Monsoon Season
A little more than a year ago, the K-9 PCVs landed in Phnom Penh late in the evening; by the time we pushed our way through customs and were on the tarmac it was after midnight. It had rained, you could tell by the puddles, but that did little to cool the temperature. We had arrived in the middle of monsoon season—rain became part of our daily routine. I looked forward to it, except when biking home from school at rush hour. Rain pushed the garbage down the streets and put a biker’s mud stripe along my back. The rain wasn’t exactly clean, but it was refreshing. The way a bucket shower is not the same as running hot water, but still rinses off the first layer of dust.

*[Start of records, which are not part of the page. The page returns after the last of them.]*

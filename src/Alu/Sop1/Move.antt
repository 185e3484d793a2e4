-- ===== src/Alu/Sop1/Move.antt =====
-- alu_sop1.cpp: moves, also relative to M0, complement, sign extension and reversal.
use red_o_lator.Base.{
  ℕ, ◌+◌, ◌-◌, u32, of_int, bit_not, bit_and, bit_or, ◌!=◌, if◌then◌else◌, ltb, length, set,
  get_elem?, Result, ok, fail, Fault, assert, or_fail, ◌>>=◌, ◌>>◌,
}
use red_o_lator.Register.{reg_s0, is_s_reg}
use red_o_lator.Util.{rev_bit32, rev_bit64, sign_ext8, sign_ext16}
use red_o_lator.Wavefront.{Wavefront, set_sgpr_pair, read_sgpr_pair}
use red_o_lator.Wavefront.States.{WfStateSop1}

unfoldable pub run_s_brev_b32 : WfStateSop1 → WfStateSop1
unfolding rev_bit32
run_s_brev_b32 state = record state { sdst = rev_bit32 (u32 state.ssrc0) }

unfoldable pub run_s_brev_b64 : WfStateSop1 → WfStateSop1
unfolding rev_bit64
run_s_brev_b64 state = record state { sdst = rev_bit64 state.ssrc0 }

unfoldable pub run_s_cmov_b32 : WfStateSop1 → WfStateSop1
run_s_cmov_b32 state = if state.scc then record state { sdst = u32 state.ssrc0 } else state

unfoldable pub run_s_cmov_b64 : WfStateSop1 → WfStateSop1
run_s_cmov_b64 state = if state.scc then record state { sdst = state.ssrc0 } else state

unfoldable pub run_s_mov_b32 : WfStateSop1 → WfStateSop1
run_s_mov_b32 state = record state { sdst = u32 state.ssrc0 }

unfoldable pub run_s_mov_b64 : WfStateSop1 → WfStateSop1
run_s_mov_b64 state = record state { sdst = state.ssrc0 }

unfoldable pub run_s_not_b32 : WfStateSop1 → WfStateSop1
run_s_not_b32 state =
    let sdst = bit_not 32 (u32 state.ssrc0) in record state { sdst = sdst; scc = sdst != 0 }

unfoldable pub run_s_not_b64 : WfStateSop1 → WfStateSop1
run_s_not_b64 state =
    let sdst = bit_not 64 state.ssrc0 in record state { sdst = sdst; scc = sdst != 0 }

unfoldable pub run_s_sext_i32_i8 : WfStateSop1 → WfStateSop1
unfolding sign_ext8
run_s_sext_i32_i8 state = record state { sdst = of_int 64 (sign_ext8 state.ssrc0) }

unfoldable pub run_s_sext_i32_i16 : WfStateSop1 → WfStateSop1
unfolding sign_ext16
run_s_sext_i32_i16 state = record state { sdst = of_int 64 (sign_ext16 state.ssrc0) }

unfoldable pub run_s_set_gpr_idx_idx : WfStateSop1 → WfStateSop1
run_s_set_gpr_idx_idx state = record state {
  m0 = bit_or (bit_and state.m0 0xffffff00) (bit_and (u32 state.ssrc0) 0xff);
}

-- `TYPE - S0 + M0`, in 32 bits.
abbrev relative : ℕ → ℕ → ℕ
relative reg m0 = u32 (reg - reg_s0 + m0)

unfoldable pub run_s_movreld_b32 : WfStateSop1 → Wavefront → Result Wavefront
unfolding is_s_reg
run_s_movreld_b32 state wf = do
  assert (is_s_reg state.dest_type)
  let i = relative state.dest_type state.m0
  if ltb i (length wf.scalar_reg_file)
      then ok (record wf { scalar_reg_file = set wf.scalar_reg_file i (u32 state.ssrc0) })
      else fail Fault.undefined

unfoldable pub run_s_movreld_b64 : WfStateSop1 → Wavefront → Result Wavefront
unfolding is_s_reg set_sgpr_pair
run_s_movreld_b64 state wf = do
  assert (is_s_reg state.dest_type)
  set_sgpr_pair wf (relative state.dest_type state.m0) state.ssrc0

unfoldable pub run_s_movrels_b32 : WfStateSop1 → Wavefront → Result WfStateSop1
unfolding is_s_reg
run_s_movrels_b32 state wf = do
  assert (is_s_reg state.src0_type)
  word ← or_fail (get_elem? wf.scalar_reg_file (relative state.src0_type state.m0)) Fault.undefined
  ok (record state { sdst = word })

unfoldable pub run_s_movrels_b64 : WfStateSop1 → Wavefront → Result WfStateSop1
unfolding is_s_reg read_sgpr_pair
run_s_movrels_b64 state wf = do
  assert (is_s_reg state.src0_type)
  pair ← read_sgpr_pair wf (relative state.src0_type state.m0)
  ok (record state { sdst = pair })
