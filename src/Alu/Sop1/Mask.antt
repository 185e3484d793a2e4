-- ===== src/Alu/Sop1/Mask.antt =====
-- alu_sop1.cpp: single bits, and masks of groups of four bits.
use red_o_lator.Base.{
  ℕ, zero, suc, ◌+◌, ◌*◌, u32, u64, ◌<<<◌, ◌>>>◌, bit_and, bit_or, bit_not, ◌!=◌, ltb,
  if◌then◌else◌, for_step, Result, ok, fail, Fault, ◌>>=◌,
}
use red_o_lator.Wavefront.States.{WfStateSop1}

-- The shifted operand has 32 bits, so a shift by `i << 1` of 32 or more is undefined.
replicate_bits : ℕ → ℕ → ℕ → ℕ → Result ℕ
replicate_bits zero i src0 sdst = ok sdst
replicate_bits (suc rounds) i src0 sdst =
    let rest =
      replicate_bits rounds (i + 1) src0
        (bit_or sdst (u32 ((bit_and (src0 >>> i) 1 * 3) <<< (i <<< 1)))) in
    if ltb (i <<< 1) 32 then rest else fail Fault.undefined

unfoldable pub run_s_bitreplicate_b64_b32 : WfStateSop1 → Result WfStateSop1
unfolding replicate_bits
run_s_bitreplicate_b64_b32 state = do
  sdst ← replicate_bits 32 0 (u32 state.ssrc0) 0
  ok (record state { sdst = sdst })

unfoldable pub run_s_bitset0_b32 : WfStateSop1 → WfStateSop1
run_s_bitset0_b32 state = record state {
  sdst = bit_and state.sdst (bit_not 32 (1 <<< bit_and state.ssrc0 31));
}

unfoldable pub run_s_bitset0_b64 : WfStateSop1 → WfStateSop1
run_s_bitset0_b64 state = record state {
  sdst = bit_and state.sdst (bit_not 64 (1 <<< bit_and state.ssrc0 63));
}

unfoldable pub run_s_bitset1_b32 : WfStateSop1 → WfStateSop1
run_s_bitset1_b32 state = record state { sdst = bit_or state.sdst (1 <<< bit_and state.ssrc0 31) }

unfoldable pub run_s_bitset1_b64 : WfStateSop1 → WfStateSop1
run_s_bitset1_b64 state = record state { sdst = bit_or state.sdst (1 <<< bit_and state.ssrc0 63) }

-- One round of `quadmask`: the value for an empty group is `i`.
unfoldable pub quad_bit : ℕ → ℕ → ℕ → ℕ
quad_bit src0 i temp =
    bit_or temp (if bit_and (src0 >>> (i <<< 2)) 15 != 0 then u32 (1 <<< i) else i)

unfoldable pub run_s_quadmask_b32 : WfStateSop1 → WfStateSop1
unfolding for_step quad_bit
run_s_quadmask_b32 state =
    let sdst = for_step 1 8 0 (quad_bit (u32 state.ssrc0)) 0 in
    record state { sdst = sdst; scc = sdst != 0 }

unfoldable pub run_s_quadmask_b64 : WfStateSop1 → WfStateSop1
unfolding for_step quad_bit
run_s_quadmask_b64 state =
    let sdst = for_step 1 16 0 (quad_bit state.ssrc0) 0 in
    record state { sdst = sdst; scc = sdst != 0 }

unfoldable pub run_s_wqm_b32 : WfStateSop1 → WfStateSop1
unfolding for_step
run_s_wqm_b32 state =
    let src0 = u32 state.ssrc0 in
    let sdst =
      for_step 4 8 0
        (λ i temp. bit_or temp (if bit_and (src0 >>> i) 15 != 0 then u32 (15 <<< i) else 0)) 0 in
    record state { sdst = sdst; scc = sdst != 0 }

unfoldable pub run_s_wqm_b64 : WfStateSop1 → WfStateSop1
unfolding for_step
run_s_wqm_b64 state =
    let src0 = state.ssrc0 in
    let sdst =
      for_step 4 16 0
        (λ i temp. bit_or temp (if bit_and (src0 >>> i) 15 != 0 then u64 (15 <<< i) else 0)) 0 in
    record state { sdst = sdst; scc = sdst != 0 }
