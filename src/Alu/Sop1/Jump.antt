-- ===== src/Alu/Sop1/Jump.antt =====
-- alu_sop1.cpp: the program counter, and the join of forked masks.
use red_o_lator.Base.{◌+◌, ◌*◌, u8, u64, ◌==◌, false, if◌then◌else◌, Result, ok, ◌>>=◌}
use red_o_lator.Register.{set_value, add}
use red_o_lator.Register.Mode.{csp}
use red_o_lator.Register.Status.{set_priv}
use red_o_lator.Wavefront.{Wavefront, read_sgpr_pair}
use red_o_lator.Wavefront.States.{WfStateSop1}

-- `csp--` is on a uint8_t; MODE keeps its old stack pointer.
unfoldable pub run_s_cbranch_join : WfStateSop1 → Wavefront → Result WfStateSop1
unfolding csp add set_value read_sgpr_pair
run_s_cbranch_join state wf =
    let sp = csp state.mode in
    if sp == state.ssrc0 then ok (record state { pc = add state.pc 4 }) else (do
      let top = u8 (sp + 255)
      exec ← read_sgpr_pair wf (top * 4)
      value ← read_sgpr_pair wf (top * 4 + 2)
      ok (record state { exec = exec; pc = set_value state.pc value }))

unfoldable pub run_s_getpc_b64 : WfStateSop1 → WfStateSop1
run_s_getpc_b64 state = record state { sdst = u64 (state.pc.value + 4) }

unfoldable pub run_s_rfe_b64 : WfStateSop1 → WfStateSop1
unfolding set_priv set_value
run_s_rfe_b64 state = record state {
  status = set_priv state.status false;
  pc = set_value state.pc state.ssrc0;
}

unfoldable pub run_s_setpc_b64 : WfStateSop1 → WfStateSop1
unfolding set_value
run_s_setpc_b64 state = record state { pc = set_value state.pc state.ssrc0 }

unfoldable pub run_s_swappc_b64 : WfStateSop1 → WfStateSop1
unfolding set_value
run_s_swappc_b64 state = record state {
  sdst = u64 (state.pc.value + 4);
  pc = set_value state.pc state.ssrc0;
}
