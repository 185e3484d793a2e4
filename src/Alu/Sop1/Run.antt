-- ===== src/Alu/Sop1/Run.antt =====
-- alu_sop1.cpp: `run_sop1`.
use red_o_lator.Base.{List, length, ◌==◌, Result, ok, fail, Fault, assert, ◌>>=◌, ◌>>◌}
use red_o_lator.Instruction.{Operand}
use red_o_lator.Wavefront.{Wavefront}
use red_o_lator.Wavefront.States.{
  WfStateSop1, read_u64, write_first, put_registers, get_sop1_state, update_with_sop1_state,
}
use red_o_lator.Alu.Sop1.Exec.{
  run_s_and_saveexec_b64, run_s_andn1_saveexec_b64, run_s_andn1_wrexec_b64,
  run_s_andn2_saveexec_b64, run_s_andn2_wrexec_b64, run_s_nand_saveexec_b64, run_s_nor_saveexec_b64,
  run_s_or_saveexec_b64, run_s_orn2_saveexec_b64, run_s_xnor_saveexec_b64, run_s_xor_saveexec_b64,
}
use red_o_lator.Alu.Sop1.Count.{
  run_s_abs_i32, run_s_bcnt0_i32_b32, run_s_bcnt0_i32_b64, run_s_bcnt1_i32_b32, run_s_bcnt1_i32_b64,
  run_s_ff0_i32_b32, run_s_ff0_i32_b64, run_s_ff1_i32_b32, run_s_ff1_i32_b64, run_s_flbit_i32_b32,
  run_s_flbit_i32_b64, run_s_flbit_i32, run_s_flbit_i32_i64,
}
use red_o_lator.Alu.Sop1.Move.{
  run_s_brev_b32, run_s_brev_b64, run_s_cmov_b32, run_s_cmov_b64, run_s_mov_b32, run_s_mov_b64,
  run_s_not_b32, run_s_not_b64, run_s_sext_i32_i8, run_s_sext_i32_i16, run_s_set_gpr_idx_idx,
  run_s_movreld_b32, run_s_movreld_b64, run_s_movrels_b32, run_s_movrels_b64,
}
use red_o_lator.Alu.Sop1.Mask.{
  run_s_bitreplicate_b64_b32, run_s_bitset0_b32, run_s_bitset0_b64, run_s_bitset1_b32,
  run_s_bitset1_b64, run_s_quadmask_b32, run_s_quadmask_b64, run_s_wqm_b32, run_s_wqm_b64,
}
use red_o_lator.Alu.Sop1.Jump.{
  run_s_cbranch_join, run_s_getpc_b64, run_s_rfe_b64, run_s_setpc_b64, run_s_swappc_b64,
}

-- The instructions that work on the state alone.
pub data Sop1Op : Type 0 where
  s_abs_i32 s_and_saveexec_b64 s_andn1_saveexec_b64 s_andn1_wrexec_b64 : Sop1Op
  s_andn2_saveexec_b64 s_andn2_wrexec_b64 s_bcnt0_i32_b32 s_bcnt0_i32_b64 : Sop1Op
  s_bcnt1_i32_b32 s_bcnt1_i32_b64 s_bitreplicate_b64_b32 s_bitset0_b32 s_bitset0_b64 : Sop1Op
  s_bitset1_b32 s_bitset1_b64 s_brev_b32 s_brev_b64 s_cmov_b32 s_cmov_b64 s_ff0_i32_b32 : Sop1Op
  s_ff0_i32_b64 s_ff1_i32_b32 s_ff1_i32_b64 s_flbit_i32_b32 s_flbit_i32_b64 s_flbit_i32 : Sop1Op
  s_flbit_i32_i64 s_mov_b32 s_mov_b64 s_nand_saveexec_b64 s_nor_saveexec_b64 s_not_b32 : Sop1Op
  s_not_b64 s_or_saveexec_b64 s_orn2_saveexec_b64 s_quadmask_b32 s_quadmask_b64 : Sop1Op
  s_sext_i32_i8 s_sext_i32_i16 s_swappc_b64 s_wqm_b32 s_wqm_b64 s_xnor_saveexec_b64 : Sop1Op
  s_xor_saveexec_b64 : Sop1Op

pub data Sop1Key : Type 0 where
  s_cbranch_join s_set_gpr_idx_idx s_rfe_b64 s_setpc_b64 s_getpc_b64 s_movreld_b32 : Sop1Key
  s_movreld_b64 s_movrels_b32 s_movrels_b64 unsupported_key : Sop1Key
  plain : Sop1Op → Sop1Key

unfoldable pub run_sop1_op : Sop1Op → WfStateSop1 → Result WfStateSop1
unfolding run_s_abs_i32 run_s_and_saveexec_b64 run_s_andn1_saveexec_b64 run_s_andn1_wrexec_b64
    run_s_andn2_saveexec_b64 run_s_andn2_wrexec_b64 run_s_bcnt0_i32_b32 run_s_bcnt0_i32_b64
    run_s_bcnt1_i32_b32 run_s_bcnt1_i32_b64 run_s_bitreplicate_b64_b32 run_s_bitset0_b32
    run_s_bitset0_b64 run_s_bitset1_b32 run_s_bitset1_b64 run_s_brev_b32 run_s_brev_b64
    run_s_cmov_b32 run_s_cmov_b64 run_s_ff0_i32_b32 run_s_ff0_i32_b64 run_s_ff1_i32_b32
    run_s_ff1_i32_b64 run_s_flbit_i32_b32 run_s_flbit_i32_b64 run_s_flbit_i32 run_s_flbit_i32_i64
    run_s_mov_b32 run_s_mov_b64 run_s_nand_saveexec_b64 run_s_nor_saveexec_b64 run_s_not_b32
    run_s_not_b64 run_s_or_saveexec_b64 run_s_orn2_saveexec_b64 run_s_quadmask_b32
    run_s_quadmask_b64 run_s_sext_i32_i8 run_s_sext_i32_i16 run_s_swappc_b64 run_s_wqm_b32
    run_s_wqm_b64 run_s_xnor_saveexec_b64 run_s_xor_saveexec_b64
run_sop1_op s_abs_i32 state = ok (run_s_abs_i32 state)
run_sop1_op s_and_saveexec_b64 state = ok (run_s_and_saveexec_b64 state)
run_sop1_op s_andn1_saveexec_b64 state = ok (run_s_andn1_saveexec_b64 state)
run_sop1_op s_andn1_wrexec_b64 state = ok (run_s_andn1_wrexec_b64 state)
run_sop1_op s_andn2_saveexec_b64 state = ok (run_s_andn2_saveexec_b64 state)
run_sop1_op s_andn2_wrexec_b64 state = ok (run_s_andn2_wrexec_b64 state)
run_sop1_op s_bcnt0_i32_b32 state = ok (run_s_bcnt0_i32_b32 state)
run_sop1_op s_bcnt0_i32_b64 state = ok (run_s_bcnt0_i32_b64 state)
run_sop1_op s_bcnt1_i32_b32 state = ok (run_s_bcnt1_i32_b32 state)
run_sop1_op s_bcnt1_i32_b64 state = ok (run_s_bcnt1_i32_b64 state)
run_sop1_op s_bitreplicate_b64_b32 state = run_s_bitreplicate_b64_b32 state
run_sop1_op s_bitset0_b32 state = ok (run_s_bitset0_b32 state)
run_sop1_op s_bitset0_b64 state = ok (run_s_bitset0_b64 state)
run_sop1_op s_bitset1_b32 state = ok (run_s_bitset1_b32 state)
run_sop1_op s_bitset1_b64 state = ok (run_s_bitset1_b64 state)
run_sop1_op s_brev_b32 state = ok (run_s_brev_b32 state)
run_sop1_op s_brev_b64 state = ok (run_s_brev_b64 state)
run_sop1_op s_cmov_b32 state = ok (run_s_cmov_b32 state)
run_sop1_op s_cmov_b64 state = ok (run_s_cmov_b64 state)
run_sop1_op s_ff0_i32_b32 state = ok (run_s_ff0_i32_b32 state)
run_sop1_op s_ff0_i32_b64 state = ok (run_s_ff0_i32_b64 state)
run_sop1_op s_ff1_i32_b32 state = ok (run_s_ff1_i32_b32 state)
run_sop1_op s_ff1_i32_b64 state = ok (run_s_ff1_i32_b64 state)
run_sop1_op s_flbit_i32_b32 state = ok (run_s_flbit_i32_b32 state)
run_sop1_op s_flbit_i32_b64 state = ok (run_s_flbit_i32_b64 state)
run_sop1_op s_flbit_i32 state = ok (run_s_flbit_i32 state)
run_sop1_op s_flbit_i32_i64 state = ok (run_s_flbit_i32_i64 state)
run_sop1_op s_mov_b32 state = ok (run_s_mov_b32 state)
run_sop1_op s_mov_b64 state = ok (run_s_mov_b64 state)
run_sop1_op s_nand_saveexec_b64 state = ok (run_s_nand_saveexec_b64 state)
run_sop1_op s_nor_saveexec_b64 state = ok (run_s_nor_saveexec_b64 state)
run_sop1_op s_not_b32 state = ok (run_s_not_b32 state)
run_sop1_op s_not_b64 state = ok (run_s_not_b64 state)
run_sop1_op s_or_saveexec_b64 state = ok (run_s_or_saveexec_b64 state)
run_sop1_op s_orn2_saveexec_b64 state = ok (run_s_orn2_saveexec_b64 state)
run_sop1_op s_quadmask_b32 state = ok (run_s_quadmask_b32 state)
run_sop1_op s_quadmask_b64 state = ok (run_s_quadmask_b64 state)
run_sop1_op s_sext_i32_i8 state = ok (run_s_sext_i32_i8 state)
run_sop1_op s_sext_i32_i16 state = ok (run_s_sext_i32_i16 state)
run_sop1_op s_swappc_b64 state = ok (run_s_swappc_b64 state)
run_sop1_op s_wqm_b32 state = ok (run_s_wqm_b32 state)
run_sop1_op s_wqm_b64 state = ok (run_s_wqm_b64 state)
run_sop1_op s_xnor_saveexec_b64 state = ok (run_s_xnor_saveexec_b64 state)
run_sop1_op s_xor_saveexec_b64 state = ok (run_s_xor_saveexec_b64 state)

-- The write-back of a state whose pointers were written through.
unfoldable pub finish_sop1 : Wavefront → List Operand → WfStateSop1 → Result Wavefront
finish_sop1 wf operands state =
    update_with_sop1_state (put_registers state.pc state.mode state.status wf) operands state

-- The instructions with one operand read it themselves.
unfoldable pub start_one : Wavefront → List Operand → Result WfStateSop1
start_one wf operands = do
  state ← get_sop1_state wf operands
  assert (length operands == 1)
  ssrc0 ← read_u64 wf operands 0
  ok (record state { ssrc0 = ssrc0 })

unfoldable pub run_sop1 : Sop1Key → List Operand → Wavefront → Result Wavefront
unfolding get_sop1_state update_with_sop1_state finish_sop1 start_one run_sop1_op read_u64
    write_first
run_sop1 s_cbranch_join operands wf = do
  state ← start_one wf operands
  state' ← run_s_cbranch_join state wf
  finish_sop1 wf operands state'
run_sop1 s_set_gpr_idx_idx operands wf = do
  state ← start_one wf operands
  finish_sop1 wf operands (run_s_set_gpr_idx_idx state)
run_sop1 s_rfe_b64 operands wf = do
  state ← start_one wf operands
  finish_sop1 wf operands (run_s_rfe_b64 state)
run_sop1 s_setpc_b64 operands wf = do
  state ← start_one wf operands
  finish_sop1 wf operands (run_s_setpc_b64 state)
run_sop1 s_getpc_b64 operands wf = do
  state ← get_sop1_state wf operands
  assert (length operands == 1)
  sdst ← read_u64 wf operands 0
  let state' = run_s_getpc_b64 (record state { sdst = sdst })
  wf' ← write_first wf operands state'.sdst
  finish_sop1 wf' operands state'
run_sop1 s_movreld_b32 operands wf = do
  state ← get_sop1_state wf operands
  wf' ← run_s_movreld_b32 state wf
  finish_sop1 wf' operands state
run_sop1 s_movreld_b64 operands wf = do
  state ← get_sop1_state wf operands
  wf' ← run_s_movreld_b64 state wf
  finish_sop1 wf' operands state
run_sop1 s_movrels_b32 operands wf = do
  state ← get_sop1_state wf operands
  state' ← run_s_movrels_b32 state wf
  finish_sop1 wf operands state'
run_sop1 s_movrels_b64 operands wf = do
  state ← get_sop1_state wf operands
  state' ← run_s_movrels_b64 state wf
  finish_sop1 wf operands state'
run_sop1 unsupported_key operands wf = do state ← get_sop1_state wf operands; fail Fault.unsupported
run_sop1 (plain op) operands wf = do
  state ← get_sop1_state wf operands
  state' ← run_sop1_op op state
  finish_sop1 wf operands state'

It continued to rain on and off through August and September into October. Then the weather shifted. In November the Water Festival was cancelled in Phnom Penh again, so Siem Reap prepared to receive revelers for Bon Om Tuk. Water from the slow ditch near my family’s house suddenly dropped, diverted to fill the banks of the Siem Reap River for the three-day festival. The town filled to the brim with strangers. After Bon Om Tuk, I figured the water would be sent back to the village, but no. The dry season began with the end of the Water Festival. The rice fields were harvested, then dried up. Ponds shrunk. The poor people had to walk further to fill their buckets.
It took awhile for the dryness of dry season to take hold. After a month of no rain, I missed it badly. After three months of heat with no rain I mourned. By April I could not remember why I came to Cambodia. Relentless heat. Stupefying. Late evening and early morning there was a glimmer of consciousness, but by noon it was lost again. At school no students came in the afternoon. In fact, by 11 a.m. there seemed no point in continuing. Anything.
The first rain returned in late May, despite dire predictions from my co-teachers that there might be no rain until August. Then news came, a storm predicted, originating in the north of China. My counterpart Chetra said, “Cambodia can’t even make her own weather. She has to import rain from China.” I was at home late afternoon when the sky darkened, puckered up and had a good cry. The pubescent chickens who had never seen or felt rain ran around squawking like the sky was falling—which it was. One clever fellow stuck his silly head in a hedge, his feathered behind spanked by the downpour. Newly formed puddles appeared to the ducks delight. (Before the rain they had to pretend with dust puddles.) The ducks and I rejoiced. The large light-grey cows freckled and turned dark-grey as months of dirt rolled off their lean flanks. They seemed to enjoy going through a cow-wash. Thunder boom-boomed, lightening cracked, and the electricity went out. The glorious smell of mud filled the air. After the rain came frog song. I bought a bright blue umbrella in anticipation of more precipitation.
Now, in October it still rains every couple of days. Sometimes a mere sprinkle, sometimes a great gush. If it comes late morning, after the sun has heated the tin roof, the runoff is a hot shower. The great mango tree between the two family houses in our compound savors the rain, holds on to it past the cloud burst, then lets it go gently, like a child who takes her time with dessert. But even if it rains for a good half-hour and the road is a running river, as soon as it ceases the streets dry quickly. An hour later the dimpled dirt is the only evidence that the monsoon marched by our town on its way to the coast.